═══ GIVEN DATA ═══
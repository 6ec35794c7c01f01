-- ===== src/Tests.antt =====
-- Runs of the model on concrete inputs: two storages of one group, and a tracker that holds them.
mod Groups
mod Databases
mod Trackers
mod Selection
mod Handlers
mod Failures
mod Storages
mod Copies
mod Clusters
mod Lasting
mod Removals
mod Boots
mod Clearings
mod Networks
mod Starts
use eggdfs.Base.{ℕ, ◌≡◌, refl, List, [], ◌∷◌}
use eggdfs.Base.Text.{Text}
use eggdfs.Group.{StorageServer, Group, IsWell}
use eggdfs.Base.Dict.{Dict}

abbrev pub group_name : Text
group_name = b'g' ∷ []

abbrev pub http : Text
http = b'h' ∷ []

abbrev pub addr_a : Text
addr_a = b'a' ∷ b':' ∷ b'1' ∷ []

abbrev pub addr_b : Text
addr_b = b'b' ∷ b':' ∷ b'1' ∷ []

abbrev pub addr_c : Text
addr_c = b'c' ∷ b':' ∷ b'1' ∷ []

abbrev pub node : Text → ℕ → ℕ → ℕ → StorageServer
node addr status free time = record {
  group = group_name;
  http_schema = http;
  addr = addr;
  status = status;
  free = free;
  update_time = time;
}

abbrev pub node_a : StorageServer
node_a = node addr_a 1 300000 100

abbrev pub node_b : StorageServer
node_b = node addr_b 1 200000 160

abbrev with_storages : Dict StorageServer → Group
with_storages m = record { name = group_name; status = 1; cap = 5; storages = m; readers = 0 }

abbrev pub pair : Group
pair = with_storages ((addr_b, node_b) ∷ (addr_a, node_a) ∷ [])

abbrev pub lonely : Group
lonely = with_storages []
═══
═══ GIVEN DATA ═══
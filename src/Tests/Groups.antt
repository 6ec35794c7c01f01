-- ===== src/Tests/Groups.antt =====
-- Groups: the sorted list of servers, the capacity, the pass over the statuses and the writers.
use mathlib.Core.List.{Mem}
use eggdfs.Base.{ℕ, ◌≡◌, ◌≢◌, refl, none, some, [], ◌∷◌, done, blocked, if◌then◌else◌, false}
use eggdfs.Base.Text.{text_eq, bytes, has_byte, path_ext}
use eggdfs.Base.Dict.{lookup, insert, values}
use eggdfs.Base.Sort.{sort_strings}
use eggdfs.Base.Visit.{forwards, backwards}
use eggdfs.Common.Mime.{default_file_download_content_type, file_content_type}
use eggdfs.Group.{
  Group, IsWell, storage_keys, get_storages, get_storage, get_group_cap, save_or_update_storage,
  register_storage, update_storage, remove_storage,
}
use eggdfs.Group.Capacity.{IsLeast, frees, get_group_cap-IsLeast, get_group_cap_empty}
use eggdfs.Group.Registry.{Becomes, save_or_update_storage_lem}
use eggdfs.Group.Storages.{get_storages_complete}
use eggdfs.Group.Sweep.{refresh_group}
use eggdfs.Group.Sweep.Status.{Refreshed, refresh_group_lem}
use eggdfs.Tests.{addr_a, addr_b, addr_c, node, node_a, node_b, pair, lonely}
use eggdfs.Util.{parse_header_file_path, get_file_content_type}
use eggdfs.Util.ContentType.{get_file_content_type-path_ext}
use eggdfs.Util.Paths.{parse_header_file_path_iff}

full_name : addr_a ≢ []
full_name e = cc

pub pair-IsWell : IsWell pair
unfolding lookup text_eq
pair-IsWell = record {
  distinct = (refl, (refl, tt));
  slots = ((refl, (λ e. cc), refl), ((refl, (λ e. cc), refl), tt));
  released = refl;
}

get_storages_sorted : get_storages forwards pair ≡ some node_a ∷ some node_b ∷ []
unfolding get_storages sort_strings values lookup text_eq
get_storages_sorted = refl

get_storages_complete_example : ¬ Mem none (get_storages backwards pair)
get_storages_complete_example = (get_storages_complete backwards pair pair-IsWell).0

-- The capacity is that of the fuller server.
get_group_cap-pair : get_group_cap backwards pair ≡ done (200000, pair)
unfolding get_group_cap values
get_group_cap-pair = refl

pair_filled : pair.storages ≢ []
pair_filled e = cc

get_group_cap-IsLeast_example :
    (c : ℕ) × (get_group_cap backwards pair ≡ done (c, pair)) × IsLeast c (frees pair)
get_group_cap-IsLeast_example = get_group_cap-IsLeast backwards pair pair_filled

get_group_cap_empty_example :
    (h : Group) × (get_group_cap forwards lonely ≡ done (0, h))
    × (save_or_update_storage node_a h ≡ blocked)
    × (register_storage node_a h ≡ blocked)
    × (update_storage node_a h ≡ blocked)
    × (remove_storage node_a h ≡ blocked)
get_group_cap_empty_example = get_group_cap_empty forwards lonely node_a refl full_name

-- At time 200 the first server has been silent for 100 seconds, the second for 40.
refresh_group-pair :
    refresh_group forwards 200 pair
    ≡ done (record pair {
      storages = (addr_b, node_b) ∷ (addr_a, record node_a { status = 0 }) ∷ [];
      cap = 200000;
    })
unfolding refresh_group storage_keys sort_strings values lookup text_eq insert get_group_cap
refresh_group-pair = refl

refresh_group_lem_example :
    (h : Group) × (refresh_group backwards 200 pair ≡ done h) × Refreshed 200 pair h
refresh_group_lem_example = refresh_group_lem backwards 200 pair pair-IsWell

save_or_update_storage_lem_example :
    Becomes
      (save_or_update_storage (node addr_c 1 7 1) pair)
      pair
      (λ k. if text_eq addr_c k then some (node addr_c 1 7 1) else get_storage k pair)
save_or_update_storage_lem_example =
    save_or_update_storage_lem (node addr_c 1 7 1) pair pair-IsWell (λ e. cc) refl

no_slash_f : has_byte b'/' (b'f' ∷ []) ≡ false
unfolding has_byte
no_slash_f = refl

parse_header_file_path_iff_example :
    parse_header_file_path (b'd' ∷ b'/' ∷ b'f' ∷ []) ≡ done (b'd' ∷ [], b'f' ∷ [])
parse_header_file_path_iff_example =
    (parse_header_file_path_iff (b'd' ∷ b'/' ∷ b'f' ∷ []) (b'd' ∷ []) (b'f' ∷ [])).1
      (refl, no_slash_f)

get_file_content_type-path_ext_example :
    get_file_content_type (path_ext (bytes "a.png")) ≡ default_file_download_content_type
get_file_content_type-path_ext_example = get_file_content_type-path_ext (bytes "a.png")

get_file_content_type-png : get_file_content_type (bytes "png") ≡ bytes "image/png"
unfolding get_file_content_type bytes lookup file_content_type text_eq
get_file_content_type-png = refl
═══
═══ GIVEN DATA ═══
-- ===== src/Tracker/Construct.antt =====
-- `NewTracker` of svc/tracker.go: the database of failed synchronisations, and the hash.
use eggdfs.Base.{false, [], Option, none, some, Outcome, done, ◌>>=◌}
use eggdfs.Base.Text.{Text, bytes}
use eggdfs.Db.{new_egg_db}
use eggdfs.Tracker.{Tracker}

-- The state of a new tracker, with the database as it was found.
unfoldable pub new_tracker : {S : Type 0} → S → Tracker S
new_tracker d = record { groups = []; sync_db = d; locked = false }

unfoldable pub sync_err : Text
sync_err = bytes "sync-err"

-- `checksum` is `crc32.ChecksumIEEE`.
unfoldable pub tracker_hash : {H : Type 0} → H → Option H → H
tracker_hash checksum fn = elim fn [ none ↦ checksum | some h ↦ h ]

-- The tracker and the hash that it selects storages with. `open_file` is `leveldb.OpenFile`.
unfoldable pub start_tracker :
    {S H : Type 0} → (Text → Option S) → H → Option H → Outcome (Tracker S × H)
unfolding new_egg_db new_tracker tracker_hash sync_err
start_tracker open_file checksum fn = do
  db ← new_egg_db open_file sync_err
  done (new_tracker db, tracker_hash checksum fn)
═══
• _REQUIRED WORK_:
Above are the records; print exactly the lines from the line with "pair = with_storages" to the line with "lonely = with_storages []", including both, and nothing else.

• _TASK OUTPUT_:
pair = with_storages ((addr_b, node_b) ∷ (addr_a, node_a) ∷ [])

abbrev pub lonely : Group
lonely = with_storages []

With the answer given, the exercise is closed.